Posts Tagged: family


12
Nov 10

Japanese Young Adults

Due to a floundering job market and a struggling economy, more and more young adults in America are living with parents even after school, struggling to find a job with which they can support themselves. Still, the idea of “adult children” living at home still conjures quite a bit of negativity  in America, as the “living in your mother’s basement” stereotype is often the butt of jokes and can make a man or woman seem unattractive to potential mates.

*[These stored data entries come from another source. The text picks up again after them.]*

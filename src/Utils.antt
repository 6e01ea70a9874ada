-- ===== src/Utils.antt =====
-- android_keymaster_utils.h and android_keymaster_utils.cpp: byte order, comparison, curves.
pub mod Curves
use platform_system_keymaste.Common.{
  ℕ, zero, suc, ◌+◌, ◌*◌, ◌/◌, ◌%◌, ◌^◌, bit_or, bit_xor, Bool, List, [], ◌∷◌, Option, none, some,
  leb, ◌==◌, length, if◌then◌else◌,
}
use platform_system_keymaste.Serial.{le_bytes, of_le}
use platform_system_keymaste.Defs.{KeymasterError, ok, unsupported_key_size, unsupported_ec_curve}

-- The loop of `ntoh`: `retval <<= 8; retval |= byte_ptr[i]` on an integer of `w` bytes. The low byte of
-- the shifted value is 0, so the `or` adds.
unfoldable pub ntoh_loop : ℕ → ℕ → List ℕ → ℕ
ntoh_loop w retval [] = retval
ntoh_loop w retval (b ∷ bs) = ntoh_loop w (retval * 256 % 256 ^ w + b) bs

unfoldable pub ntoh : ℕ → ℕ → ℕ
unfolding ntoh_loop le_bytes
ntoh w t = ntoh_loop w 0 (le_bytes w t)

-- The loop of `hton`, which fills the bytes from the last to the first; `filled` are those behind.
unfoldable pub hton_loop : ℕ → ℕ → List ℕ → List ℕ
hton_loop zero t filled = filled
hton_loop (suc i) t filled = hton_loop i (t / 256) ((t % 256) ∷ filled)

unfoldable pub hton : ℕ → ℕ → ℕ
unfolding hton_loop of_le
hton w t = of_le (hton_loop w t [])

-- `kMaxDupBufferSize`.
abbrev pub max_dup_buffer_size : ℕ
max_dup_buffer_size = 16 * 1024 * 1024

unfoldable pub dup_buffer : (ℕ → Bool) → List ℕ → Option (List ℕ)
dup_buffer alloc buf =
    if leb max_dup_buffer_size (length buf)
    then none
    else if alloc (length buf)
    then some buf
    else none

-- The loop of `memcmp_s` over two blocks of the same length; it never stops early.
unfoldable pub memcmp_loop : ℕ → List ℕ → List ℕ → ℕ
memcmp_loop result [] ys = result
memcmp_loop result (x ∷ xs) [] = result
memcmp_loop result (x ∷ xs) (y ∷ ys) = memcmp_loop (bit_or result (bit_xor x y)) xs ys

unfoldable pub memcmp_s : List ℕ → List ℕ → ℕ
unfolding memcmp_loop
memcmp_s xs ys = if memcmp_loop 0 xs ys == 0 then 0 else 1

-- keymaster_ec_curve_t.
pub data EcCurve : Type 0 where
  p_224 p_256 p_384 p_521 : EcCurve
  other_curve : ℕ → EcCurve

unfoldable pub ec_key_size_to_curve : ℕ → KeymasterError × Option EcCurve
ec_key_size_to_curve key_size_bits =
    if key_size_bits == 224
    then (ok, some p_224)
    else if key_size_bits == 256
    then (ok, some p_256)
    else if key_size_bits == 384
    then (ok, some p_384)
    else if key_size_bits == 521
    then (ok, some p_521)
    else (unsupported_key_size, none)

unfoldable pub ec_curve_to_key_size : EcCurve → KeymasterError × Option ℕ
ec_curve_to_key_size p_224 = (ok, some 224)
ec_curve_to_key_size p_256 = (ok, some 256)
ec_curve_to_key_size p_384 = (ok, some 384)
ec_curve_to_key_size p_521 = (ok, some 521)
ec_curve_to_key_size (other_curve n) = (unsupported_ec_curve, none)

Japanese young adults face somewhat different expectations. There are some negative stereotypes with some of the anti-social “basement dweller” types of young adults (see below), and of course not every Japanese family adheres to society’s standards, but in general it’s not only acceptable for young adults to live at home after high school or college, it’s expected. Japanese young adults are still expected to get jobs after school–in fact, there may be more pressure in Japanese society for young adults to land impressive jobs than there is in America–but they don’t have to move out of the house right away. In fact, they’re free to save their money for their future independent lives and aren’t expected (usually) to pay rent to their parents or to pay for any household expenses. In fact, many Japanese manufacturers aim products specifically at this 20-something age group, which has more expendable income than other age groups, as they have full-time jobs and few expenses.

The general consensus is that young adults can live at home without paying expenses until they get married. Generally, marriage tends to occur in a Japanese person’s early to late 20s. Of course, especially in modern society, Japanese people may choose not to get married or they may get married in life. Societal and family pressure to get married aside, Japanese young adults can move out on their own whenever they’re ready, but they’re not looked down upon for staying at home a few years after school.

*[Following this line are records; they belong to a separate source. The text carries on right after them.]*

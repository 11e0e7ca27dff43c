-- ===== src/Lib.antt =====
-- A model of the xDS test harness and its correctness. The harness plays the client of an xDS control
-- plane: godog reads scenarios, a runner subscribes to a service of the target over a gRPC stream, two
-- goroutines receive and send on it and a third acknowledges, and the steps look at what was seen.
--
-- The parts, from below:
-- - Base, Text, Dict, Words: shared helpers. Go strings are lists of code points, with ToLower, Split,
--   Join and HasPrefix of package strings; maps are association lists in which a walk may take any
--   order (Dict/Walk); int and int64 are 64-bit patterns whose addition wraps.
-- - Errors, Proto, Types (internal/types/types.go): the errors, one constructor for each place that
--   makes one; the protocol messages, of which the fields are kept that the harness reads or writes;
--   the variants and the counts. Package anypb is a parameter, a record of codecs with the law that
--   what was packed is read back.
-- - Parser (internal/parser/parser.go): service_to_type_url is ServiceToTypeURL, resource_names is
--   ResourceNames, parse_supported_variants is ParseSupportedVariants.
-- - Chan: Go channels with a buffer. A send waits at a full channel and panics at a closed one.
-- - Service (internal/runner/services.go): the channels, the streams and the five builders.
-- - Validate, Runner, Runner/Requests (internal/runner/runner.go): what the runner saw of each
--   resource; fresh_runner is FreshRunner, connect_client is ConnectClient, new_ack is
--   newAckFromResponse, new_request is newRequest. A write to a nil map is a panic.
-- - Session, Session/Responses, Session/Step (internal/runner/runner.go): SotwStream, DeltaStream,
--   Stream and Ack. A state has the shared maps, counts and channels and a position for each
--   goroutine; `step` moves one of them, and `run` follows a list of events, which is an interleaving
--   together with the replies of the server and the sends of the test. Below Step, Counts follows the
--   messages from the reader to the server, Buffers and Bounds the room in the channels, Sending the
--   kind of what is sent, History the responses that were taken in, and Draining the schedules that
--   bring every message on.
-- - Steps (internal/runner/steps.go): the steps of a scenario. Subscriptions has the subscribing and
--   unsubscribing steps, Receiving and Validation the checks, and Target the steps that call the
--   adapter of the target, with the calls as values. A step ends in a verdict: it passes, fails,
--   panics, waits, or has started the goroutines. Loading has LoadSteps: the pattern of each step as
--   literals and groups, with the match of a text. Running runs the text of a step as a call of its
--   method, and joins a subscription, a session and a check to a scenario.
-- - Suite (internal/runner/suite.go): the suite of a variant, its runner and tags; Suite/Scenarios has
--   ConfigureSuite, with the runners that the hook before each scenario makes: the steps of a scenario
--   are bound to the one made before. Suite/Heap has the objects behind the pointers of a runner, with
--   FreshRunner on them (fresh_at), so that what two runners share is seen. godog is a parameter.
-- - Main (main.go): the loop over all variants with the sums of their results; Main/Settings has the
--   flags and the config file (ValuesFromConfig of internal/parser/parser.go, with the YAML library as
--   a parameter) and main as a whole, Main/Printing the texts of printResults and variantResults.
-- - Formatter (fmt_xds.go): the counters and the failed scenarios, over a storage as parameter.
-- - Adapter (examples/go-control-plane/adapter.go): Messages has the Envoy messages, Makers the functions
--   that make them, Addresses randomAddress, and Adapter and Setting the five handlers, over a snapshot
--   cache, random numbers and the read of a packed message as parameters. Setting/SetUp joins SetState
--   to the step that calls it.
-- - Tests: anypb as a data type, runs on concrete inputs, and each property applied to one.
--
-- Bounds: the channels hold two entries, as in the source; lists, maps and texts have any length. The
-- loops are structural, and the endless loops of the goroutines are cut into steps; only the decimal
-- print of a number runs on fuel, of the twenty digits that a 64-bit pattern can have. Time is
-- not modelled: whether an error or the timer wakes a check is an argument.
--
-- Not modelled: logging and its level, the encoding of results.json, the prints of the adapter, the
-- timers, and the aliasing by which the adapter's update changes a resource in the snapshot that the
-- cache still holds. Under examples/go-control-plane, RunAdapter, server.go, logger.go and main/main.go
-- only start library servers and log. The Cucumber records of internal/types/types.go are used by
-- nothing.
pub mod Base
pub mod Text
pub mod Dict
pub mod Words
pub mod Proto
pub mod Errors
pub mod Types
pub mod Parser
pub mod Chan
pub mod Service
pub mod Validate
pub mod Runner
pub mod Steps
pub mod Session
pub mod Suite
pub mod Main
pub mod Formatter
pub mod Adapter
pub mod Tests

However, sometimes living at home can lead to sad behavior. Sometimes Japanese young adults get their own apartments, but their jobs (or lack thereof) aren’t enough to cover living expenses, so they may receive monthly allowances from home to cover rent, utilities, food, and the like. Of course, this differs from family to family, but it happens often enough to spark a growing social issue in Japan.

Because of a struggling job market and a disillusioned generation, a number of young adults in Japan are going through life while underemployed or unemployed, coasting by on their parents’ money or just living in their parents’ home. Sometimes it’s a defeatist attitude following a string of job interview disappointments, sometimes it’s sheer laziness, sometimes it’s a fear of growing up or other social anxieties… The causes vary from person to person, but the theories are endless. Japanese young adults who are underemployed or unemployed may make efforts to secure a full-time job, but if they don’t, they may retreat into their rooms, playing games, watching TV, surfing the Internet, and wasting money on frivolous things. They may need psychological help to get out of their rut, but since Japanese society tends to look down on those who need therapy, many Japanese parents would rather support their young adult children and hush up the problem, hoping one day it’ll go away.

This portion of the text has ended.